With the death of Horus, Sekel fell back from Terra like so many others, turning to the great eye and making his vow that would see him return to take part in the eternal war for all of time. Sekel and those of the legion fought bitter battles against the bloodthirsty mongrels of the World Eaters as both legions fell to their respective gods. Sekel, in one particular ancient battle, lost his arm to the World Eater Kazimir, who's name would be forever burned into his mind. Centuries later, long after the great Betrayer led to the destruction of his own legion at Skalanthrax and the Emperor's Children had been decimated, Sekel fought against Kazimir, running his blade through the berzerkers heart where the blade remains even still; the only thing stopping him from finishing the job being the sorcerer Khelen.

Since the time of the final battle, Sekel fought with his brothers, bearing witness to the mighty daemon primarch Fulgrim slaying the weakling Ultramarine primarch. But when his own lord abandoned the legion for the pleasure world and he lost his arm, Sekel was driven to obsession, going so far as to slay the sergeant champion who he had followed for countless millenia. Sekel was cast from the legion, swearing loyalty to the sorcerer Khelen of the Black Legion, the cost of Sekel's services being two-fold: Sekel would be allowed his revenge against the bastard warrior Kazimir and none would stop him from joining his lord Fulgrim upon the world of pleasure should they ever discover it.
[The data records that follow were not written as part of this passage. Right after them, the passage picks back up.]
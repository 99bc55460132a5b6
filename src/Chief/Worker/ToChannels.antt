-- ===== src/Chief/Worker/ToChannels.antt =====
-- The way of a provider's message to a channel: over the provider's server, its controller and the
-- worker to `ProcessOldiPacket`.
use fmtp.Prelude.{
  ℕ, zero, suc, ◌≡◌, refl, sym, ap, ◌∙◌, ap-if, not, ◌==◌, int_eq, negsuc, Bool, String, Option,
  none, some, List, [], ◌∷◌, ◌++◌,
}
use mathlib.Core.List.{append-nil, append_assoc}
use fmtp.Channel.Settings.{ChannelSettings, ChannelSettingsWithPort}
use fmtp.Chief.Settings.{ChiefSettings}
use fmtp.Chief.Message.{Msg, MsgWithChanId}
use fmtp.Chief.Provider.{
  FmtpGrpcServerImpl, deliver, send_msg, recv_msq, clean_old_msg, append_msg, last_old,
}
use fmtp.Chief.Grpc.{
  change_address-kept, serve_reported, take_packet, append_first, pass_from_fdps, pass_first,
}
use fmtp.Chief.Worker.{
  ChiefWorker, ChiefEvent, configured, settings_passed, from_fdps_passed, to_fdps_passed,
  channels_configured, ws_received, packet_processed, grpc_configured, packet_taken, msg_passed_on,
  grpc_served, swept, msgs_sent, msgs_asked, signal_settings, pass_settings, first_from_fdps,
  pass_from_provider, first_to_fdps, pass_to_cntrl, process_first, configure_grpc, hand_to_provider,
  sweep_to, configure_channels, chief_step, chief_run,
}

-- All that has come from the provider for a channel, oldest first.
abbrev pub outward : ChiefWorker → List MsgWithChanId
outward w =
    w.processed
    ++ (w.from_fdps_packet_chan
        ++ (w.oldi_grpc_cntrl.from_fdps_chan ++ w.oldi_grpc_cntrl.fmtp_server.from_fdps_chan))

abbrev after_server : ChiefWorker → List MsgWithChanId → List MsgWithChanId
after_server w list =
    w.processed ++ (w.from_fdps_packet_chan ++ (w.oldi_grpc_cntrl.from_fdps_chan ++ list))

-- What an event adds: the messages that have a channel by the settings of that moment.
abbrev pub routed_by : ChiefEvent → ChiefSettings → List MsgWithChanId
routed_by (msgs_sent host now list) cfg = (deliver cfg list).0
routed_by _ cfg = []

untouched : (w : ChiefWorker) → outward w ≡ outward w ++ []
untouched w = sym (append-nil (outward w))

-- The first of one list goes to the end of the one before it.
advance :
    (before after : List MsgWithChanId) (msg : MsgWithChanId) (msgs list : List MsgWithChanId)
    → list ≡ msg ∷ msgs
    → (before ++ msg ∷ []) ++ (msgs ++ after) ≡ before ++ (list ++ after)
advance before after msg msgs list e = rw e (append_assoc before (msg ∷ []) (msgs ++ after))

process_first-outward :
    (list : List MsgWithChanId) (w : ChiefWorker)
    → w.from_fdps_packet_chan ≡ list
    → outward (process_first list w) ≡ outward w
unfolding process_first
process_first-outward [] w e = refl
process_first-outward (msg ∷ msgs) w e =
    advance w.processed
      (w.oldi_grpc_cntrl.from_fdps_chan ++ w.oldi_grpc_cntrl.fmtp_server.from_fdps_chan) msg msgs _
      e

first_from_fdps-outward :
    (list : List MsgWithChanId) (w : ChiefWorker)
    → w.oldi_grpc_cntrl.from_fdps_chan ≡ list
    → outward (first_from_fdps list w) ≡ outward w
first_from_fdps-outward [] w e = refl
first_from_fdps-outward (msg ∷ msgs) w e =
    ap (λ list. w.processed ++ list)
      (advance w.from_fdps_packet_chan w.oldi_grpc_cntrl.fmtp_server.from_fdps_chan msg msgs _ e)

pass_first-outward :
    (list : List MsgWithChanId) (w : ChiefWorker)
    → w.oldi_grpc_cntrl.fmtp_server.from_fdps_chan ≡ list
    → outward (record w { oldi_grpc_cntrl = pass_first list w.oldi_grpc_cntrl }) ≡ outward w
pass_first-outward [] w e = refl
pass_first-outward (msg ∷ msgs) w e =
    ap (λ list. w.processed ++ (w.from_fdps_packet_chan ++ list))
      (rw e (append_assoc w.oldi_grpc_cntrl.from_fdps_chan (msg ∷ []) msgs))

first_to_fdps-outward :
    (list : List Msg) (w : ChiefWorker) → outward (first_to_fdps list w) ≡ outward w
first_to_fdps-outward [] w = refl
first_to_fdps-outward (msg ∷ msgs) w = refl

append_first-outward :
    (list : List Msg) (w : ChiefWorker)
    → outward (record w { oldi_grpc_cntrl = append_first list w.oldi_grpc_cntrl }) ≡ outward w
unfolding append_msg
append_first-outward [] w = refl
append_first-outward (msg ∷ msgs) w = refl

signal_settings-outward :
    (signals : ℕ) (w : ChiefWorker) → outward (signal_settings signals w) ≡ outward w
signal_settings-outward zero w = refl
signal_settings-outward (suc signals) w = refl

configure_grpc-outward :
    (signals : ℕ) (w : ChiefWorker) → outward (configure_grpc signals w) ≡ outward w
unfolding configure_grpc
configure_grpc-outward zero w = refl
configure_grpc-outward (suc signals) w =
    change_address-kept (λ c. outward (record w { oldi_grpc_cntrl = c }))
      (λ c address ports count. refl) w.chief_cfg.oldi_provider_port
      (record w.oldi_grpc_cntrl { setts_changed_chan = signals })

send_msg-from_fdps :
    (cfg : ChiefSettings) (host : Option String) (now : ℕ) (list : List Msg)
    (s : FmtpGrpcServerImpl)
    → (send_msg cfg host now list s).0.from_fdps_chan ≡ s.from_fdps_chan ++ (deliver cfg list).0
unfolding send_msg
send_msg-from_fdps cfg none now list s = refl
send_msg-from_fdps cfg (some host) now list s = refl

recv_msq-from_fdps :
    (host : Option String) (now : ℕ) (s : FmtpGrpcServerImpl)
    → (recv_msq host now s).0.from_fdps_chan ≡ s.from_fdps_chan
unfolding recv_msq
recv_msq-from_fdps none now s = refl
recv_msq-from_fdps (some host) now s = refl

clean_old_msg-from_fdps :
    (as_time : Option ℕ → ℕ) (s : FmtpGrpcServerImpl) (now : ℕ)
    → (clean_old_msg as_time s now).from_fdps_chan ≡ s.from_fdps_chan
unfolding clean_old_msg
clean_old_msg-from_fdps as_time s now =
    ap-if (λ (r : FmtpGrpcServerImpl). r.from_fdps_chan)
      (not (last_old as_time now 0 (negsuc 0) s.msg_to_fdps == negsuc 0)) _ s refl

module _ (as_time : Option ℕ → ℕ) (remove_binary : String → Bool)
    (copy_binary : ChannelSettings → Option String) where
  configure_channels-outward :
      (now : ℕ) (list : List ChannelSettingsWithPort) (w : ChiefWorker)
      → outward (configure_channels as_time remove_binary copy_binary now list w) ≡ outward w
  unfolding configure_channels
  configure_channels-outward now [] w = refl
  configure_channels-outward now (setts ∷ more) w = refl

  chief_step-outward :
      (event : ChiefEvent) (w : ChiefWorker)
      → outward (chief_step as_time remove_binary copy_binary event w)
        ≡ outward w ++ routed_by event w.chief_cfg
  unfolding chief_step
  chief_step-outward (configured cfg) w = untouched w
  chief_step-outward settings_passed w =
      unfold pass_settings in signal_settings-outward _ w ∙ untouched w
  chief_step-outward from_fdps_passed w =
      unfold pass_from_provider in first_from_fdps-outward _ w refl ∙ untouched w
  chief_step-outward to_fdps_passed w =
      unfold pass_to_cntrl in first_to_fdps-outward _ w ∙ untouched w
  chief_step-outward (channels_configured now) w = configure_channels-outward now _ w ∙ untouched w
  chief_step-outward (ws_received now msg sock) w = untouched w
  chief_step-outward packet_processed w = process_first-outward _ w refl ∙ untouched w
  chief_step-outward grpc_configured w = configure_grpc-outward _ w ∙ untouched w
  chief_step-outward packet_taken w = unfold take_packet in append_first-outward _ w ∙ untouched w
  chief_step-outward msg_passed_on w =
      unfold pass_from_fdps in pass_first-outward _ w refl ∙ untouched w
  chief_step-outward (grpc_served serves) w = unfold serve_reported in untouched w
  chief_step-outward (swept now) w =
      unfold sweep_to in
      ap (after_server w) (clean_old_msg-from_fdps as_time w.oldi_grpc_cntrl.fmtp_server now)
      ∙ untouched w
  chief_step-outward (msgs_sent host now list) w =
      ap (after_server w)
        (send_msg-from_fdps w.chief_cfg host now list w.oldi_grpc_cntrl.fmtp_server)
      ∙ simp append_assoc
  chief_step-outward (msgs_asked host now) w =
      unfold hand_to_provider in
      ap (after_server w) (recv_msq-from_fdps host now w.oldi_grpc_cntrl.fmtp_server) ∙ untouched w

  -- What events add, with the settings as they are at each.
  abbrev pub routed_in : List ChiefEvent → ChiefWorker → List MsgWithChanId
  unfolding chief_step
  routed_in [] w = []
  routed_in (event ∷ events) w =
      routed_by event w.chief_cfg
      ++ routed_in events (chief_step as_time remove_binary copy_binary event w)

  -- Whatever happens to the chief: the messages that `ProcessOldiPacket` has been given and those on
  -- the way to it are together, each once and in order, those of before and the provider's messages
  -- that had a channel by the settings at their arrival.
  pub chief_run-outward :
      (events : List ChiefEvent) (w : ChiefWorker)
      → outward (chief_run as_time remove_binary copy_binary events w)
        ≡ outward w ++ routed_in events w
  unfolding chief_run
  chief_run-outward [] w = untouched w
  chief_run-outward (event ∷ events) w =
      chief_run-outward events (chief_step as_time remove_binary copy_binary event w)
      ∙ ap (λ list. list ++ routed_in events (chief_step as_time remove_binary copy_binary event w))
          (chief_step-outward event w)
      ∙ append_assoc (outward w) _ _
*Weapons:* Sekel wields a rapier infused with the essence of the daemon Kvii'Ze (not a daemon weapon like the bloodfeeder and the likes of that) and his ancient bolter Excquisite.

*Equipment:* Frag and krak grenades, Sekel carries both in pouches of human flesh; one the face of a White Scar sergeant taken in the final battle, the other a World Eater taken when Sekel last fought against Kazimir.

*Allegiance*: Sekel was of the Emperor's Children and like many of the legion he fell into worship of Slaanesh, the god of pain and pleasure. Sekel's allegiance is to the sorcerer Khelen and his patron god until such time that his services to the sorcerer have come to an end.


----------



## Euphrati (May 24, 2009)

Name: Kazimir

Appearance: Brutally massive, Kazimir’s body is sheathed in ancient armour enameled the colour of newly spilt blood. The brass edges have been worked into rows of wickedly sharp teeth stained by the countless lives he has offered to the Blood God. It is said that the blood of the loyalists slain on Isstvan still can be found in the underpinnings of the warp-touched armour. His helm is crowned with a blade-like crest; pea-sized fragments of thousands of skulls, each carved with the symbol of Khorne and stained in the victim’s last blood, stud the sides of the crest in seemingly endless rows. The face behind the helm is a map of scars, some recieved in battle and others in the sparing cages. Pale, bestial-amber eyes are set in a heavy brow and a shaved head with the agression implants so famous of his primarch and legion.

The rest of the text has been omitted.